We are using MATLAB 2022 with the signal processing toolbox.

1. Loading source localized EEG data

Due to inherent limitations of scalp level EEG data, most connectivity analysis is recommended to be performed at the source level. In our lab, we usually collected 128-channel EEG data through EGI/Magstim equipment. We have streamlined the construction of minimal norm estimate (MNE) models (with default electrode and averaged adult MRI) using Brainstorm. A single function, eeg_htpCalcSource, can create an EEGLAB-style SET file containing 68 DK-atlas regions (via Brainstorm) as channels from a preprocessed 128-channel EEG SET file. The function can be modified to use individual head models, different electrode montages, or head models.

For this tutorial, I will be working off of pre-existing source localized SET files available here.

% load source-localized EEG dataset
sEEG = pop_loadset('filename', 'D0079_rest_postcomp.set', 'filepath', data_folder);
sEEG.data = double(sEEG.data);

This file consists of 68 “channels” or atlas nodes with about 80 seconds of continuous data for each channel. It is extremely important to make sure your data values are in double, otherwise you will notice lots of zeros and NaNs in your calculations as small values are rounded to 0 in single precision mode.

2. Calculate various connectivity matrices

It is no secret that graph measures can be intimidating. Before thinking about what a graph measure means, it is important to identify what the graph measure is being calculated on. I often remind learners that there is no general “graph” measure of an EEG, it must be based on a pre-existing connectivity feature. When presenting graph-based measures, it is also important to ensure the audience understands what the underlying feature was. I have heard entire professional talks where graph theory results were presented without any clear hint to what EEG feature was being measured!

For this tutorial I have selected three connectivity features to estimate for each EEG file:

The weighted phase lag index (wpli) is an undirected phase-based measure of connectivity.
Spectral coherence (coh) is an undirected normalized covariance of two time series in the frequency domain
Synchronization likelihood (SL) the concept of generalized synchronization and detects nonlinear and linear dependencies between two signals.

There are many implementations of these methods, but my preference is to use efficient methods to cut down on computational time (which can be significant for large datasets).

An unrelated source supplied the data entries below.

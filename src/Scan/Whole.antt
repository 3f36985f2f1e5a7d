-- ===== src/Scan/Whole.antt =====
-- src/ec_slave.c, ec_slaves_scanning from its beginning to its end. A device has the state of its
-- driver's link and what the master keeps of it; the links do not change meanwhile. The result `none`
-- stands for no return: the parser has read behind the image, from where the model does not go on.
pub mod Ends
pub mod Answered
use cherry_ecat.Prelude.{
  ℕ, zero, suc, ◌+◌, List, [], ◌∷◌, map, Bool, true, false, not, Option, none, some, ◌==◌, ◌&&◌,
  ◌||◌, if◌then◌else◌, get_or, get_elem?, set, length, read_u8,
}
use cherry_ecat.Datagram.Fill.{brd}
use cherry_ecat.Exchange.{M, Io, Out, ok, asserted, blocked, pure, ◌>>=◌, ◌>>◌, get}
use cherry_ecat.Master.Control.{Control, stop}
use cherry_ecat.Slave.Config.{Setup}
use cherry_ecat.Slave.Config.Monitor.{attempt, scan_slaves_state}
use cherry_ecat.Slave.Delays.{Clocks, DcOutcome, calc_dc}
use cherry_ecat.Scan.{poll}
use cherry_ecat.Scan.Rescan.{Found, setup_of, clear_slaves, rescan, bus_of}

pub record Device : Type 0 where
  pub up : Bool
  pub link_state : Bool
  pub working_counter : ℕ
  pub state : ℕ

-- What the scan keeps of ec_master_t; the slaves are those of Io.
pub record Scan : Type 0 where
  pub control : Control
  pub devices : List Device
  pub clocks : Clocks
  pub setups : ℕ → Setup

-- What ec_master_stop tests of the devices.
abbrev pub look : List Device → List (Bool × ℕ)
look ds = map (λ d. (d.up, d.state)) ds

-- The call of ec_master_stop; where it would sleep, nothing wakes it.
abbrev pub on_stop : Scan → Io → Option Control → Out Scan × Io
on_stop s w none = (blocked, w)
on_stop s w (some c) = (ok (record s { control = c }), record w { slaves = c.slaves })

unfoldable pub stop_all : Scan → M Scan
unfolding stop
stop_all s w = on_stop s w (
    stop (look s.devices ∷ [])
      (record (s.control) { slaves = w.slaves; slave_count = w.slave_count }))

abbrev pub forget : Device → Device
forget d = record d { working_counter = 0; state = 0 }

-- A device whose link went down: the slaves of all devices are forgotten.
unfoldable pub link_down : Scan → M Scan
unfolding stop_all clear_slaves
link_down s = do
  s' ← stop_all s
  clear_slaves
  pure (record s' {
    control = record (s'.control) { scan_done = false };
    devices = map forget s'.devices;
  })

abbrev pub no_device : Device
no_device = record { up = false; link_state = false; working_counter = 0; state = 0 }

abbrev pub note_link : ℕ → Scan → Scan
note_link i s =
    let d = get_or s.devices i no_device in
    record s { devices = set s.devices i (record d { link_state = d.up }) }

-- The loop over the links, of `left` devices from `i` on.
unfoldable pub check_links : ℕ → ℕ → Scan → M Scan
unfolding link_down
check_links zero i s = pure s
check_links (suc left) i s = do
  let d = get_or s.devices i no_device
  s' ← if d.link_state && not d.up then link_down s else pure s
  check_links left (i + 1) (note_link i s')

-- What an answer with a working counter and a state says of a device, and whether to scan anew.
abbrev pub note_answer : ℕ → ℕ → ℕ → Scan → Scan
note_answer i counter state s =
    let d = get_or s.devices i no_device in
    record s {
      devices =
          set s.devices i
            (record d { working_counter = counter; state = if counter == 0 then 0 else state });
      control = record (s.control) {
        rescan_request = s.control.rescan_request || not (counter == d.working_counter);
      };
    }

-- The loop that counts the slaves of each device.
unfoldable pub count_slaves : ℕ → ℕ → Scan → M Scan
unfolding poll
count_slaves zero i s = pure s
count_slaves (suc left) i s = do
  poll i (λ d. brd d 0x130 2)
  w ← get
  count_slaves left (i + 1) (note_answer i w.datagram.working_counter (read_u8 w.datagram.buf 0) s)

-- The setups of the slaves that are found.
abbrev pub setup_at : Clocks → ℕ → Option Found → Setup → Setup
setup_at clocks q none old = old
setup_at clocks q (some f) old = record (setup_of f.info f.identity f.content) {
  transmission_delay = (clocks.bus.nodes q).transmission_delay;
}

-- ec_master_calc_dc; more fuel than there are slaves is not needed.
abbrev pub on_clocks : Scan → List Found → DcOutcome → M (Option Scan)
on_clocks s fs (DcOutcome.clocks c) w = (
  ok (some (record s { clocks = c; setups = λ q. setup_at c q (get_elem? fs q) (s.setups q) })),
  w,
)
on_clocks s fs DcOutcome.asserted w = (asserted, w)
on_clocks s fs DcOutcome.endless w = (blocked, w)

abbrev pub done_scan : Scan → Scan
done_scan s = record s { control = record (s.control) { scan_done = true } }

-- From the end of the loop over the slaves on; the outer `none` is an error of a step, the inner one a
-- read behind the image. The slaves found are all slaves of the master.
unfoldable pub finish : Scan → Option (Option (List Found)) → M (Option Scan)
unfolding calc_dc bus_of
finish s none = pure (some s)
finish s (some none) = pure none
finish s (some (some fs)) =
    on_clocks (done_scan s) fs
      (calc_dc (length fs) (record (s.clocks) { bus = bus_of fs (length fs) }))

-- When the scan begins; the slaves that are to come are cleared.
abbrev pub begun_scan : Scan → Scan
begun_scan s = record s {
  control = record (s.control) {
    rescan_request = false;
    scan_done = false;
    force_update = λ i. false;
  };
}

abbrev pub counters : Scan → List ℕ
counters s = map (λ d. d.working_counter) s.devices

-- The scan under the lock.
unfoldable pub scan_anew : ℕ → Bool → (ℕ → ℕ → Bool) → Scan → M (Option Scan)
unfolding stop_all clear_slaves rescan finish
scan_anew stray allocated alloc s = do
  s1 ← stop_all s
  clear_slaves
  fs ← attempt (rescan stray allocated alloc (counters s1))
  finish (begun_scan s1) fs

-- The states of the slaves, once there is a scan. `none` is passed on.
unfoldable pub watch : Option Scan → M (Option Scan)
unfolding scan_slaves_state
watch none = pure none
watch (some s) = do
  w ← get
  if not (w.slave_count == 0) && s.control.scan_done
      then (scan_slaves_state w.slave_count 0 s.setups s.control.force_update >>= λ f.
          pure (some (record s { control = record (s.control) { force_update = f } })))
      else pure (some s)

-- ec_slaves_scanning
unfoldable pub slaves_scanning : ℕ → Bool → (ℕ → ℕ → Bool) → Scan → M (Option Scan)
unfolding check_links count_slaves scan_anew watch
slaves_scanning stray allocated alloc s = do
  s1 ← check_links (length s.devices) 0 s
  s2 ← count_slaves (length s1.devices) 0 s1
  scanned ← if s2.control.rescan_request then scan_anew stray allocated alloc s2 else pure (some s2)
  watch scanned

The result of any of these functions will be an atlas node (channel) by atlas node (channel) square matrix with rows serving as “from” and the columns as “to”. Since these are undirected measures, the matrix will be symmetric. The diagonal will be “0” since nodes do not have connections to themselves.

Proof of concept using Phase Lag Index

Let’s start with calculating wPLI for a single subject and calculating some graph based measures.

After loading the data, we will have to filter the data to the frequency band of interest. I would like to look at three bands: theta, alpha2, and gamma1. Let’s define these bands in a simple cell array to use later:

freqbands = {'theta', [5 7]; 'alpha2', [10 12]; 'gamma1', [30 57]};

Filter by Frequency Band

To filter the data, I have a custom function which implements either the FastFc (matlab c-compiled). If you do not have this toolbox installed, it will default to the MATLAB filtfilt function which requires the signal processing toolbox. I have found these filters be similar in quality to implementation in EEGLAB (firfilt) but an order of magnitude faster. An example line of code to filter the alpha band:

[fEEG] = eeg_htpEegFilterFastFc( sEEG, 'bandpass', [10 12] );

Let’s create a simple loop to accomplish this and store each into a structure designated by bandname. I have also added an epoch function to divide the filtered continuous function into 2-second epochs:


% filter by frequency band
for fi = 1 : length(freqbands)
    fEEG.(freqbands{fi,1}) =  ...
        eeg_htpEegCreateEpochsEeglab( ...
        eeg_htpEegFilterFastFc( ...
            sEEG, 'bandpass', freqbands{fi,2} ));
end

Channel Labels

Let’s also grab the channel labels which we will need to use to interpret our matrices and graph measures:

chanlabels = {fEEG.chanlocs.labels};

wPli Connectivity Matrix

Let’s add our wpli function into the loop and generate our connectivity matrices:


% filter by frequency band
% create regular epochs for resting state data
for fi = 1 : length(freqbands)
    fEEG.(freqbands{fi,1}) =  eeg_htpEegCreateEpochsEeglab( ...
        eeg_htpEegFilterFastFc( sEEG, 'bandpass',      freqbands{fi,2} ));
    wpli.(freqbands{fi,1}) = fastfc_wpli( ...
        eeg_htpCalcReturnColumnMatrix( ...
         fEEG.(freqbands{fi,1}) ...
        ));
end

The code of interest uses the fastfc_wpli function to store the results of the connectivity matrix (68 x 68) for each frequency band filtered EEG structure into a new structure called wpli.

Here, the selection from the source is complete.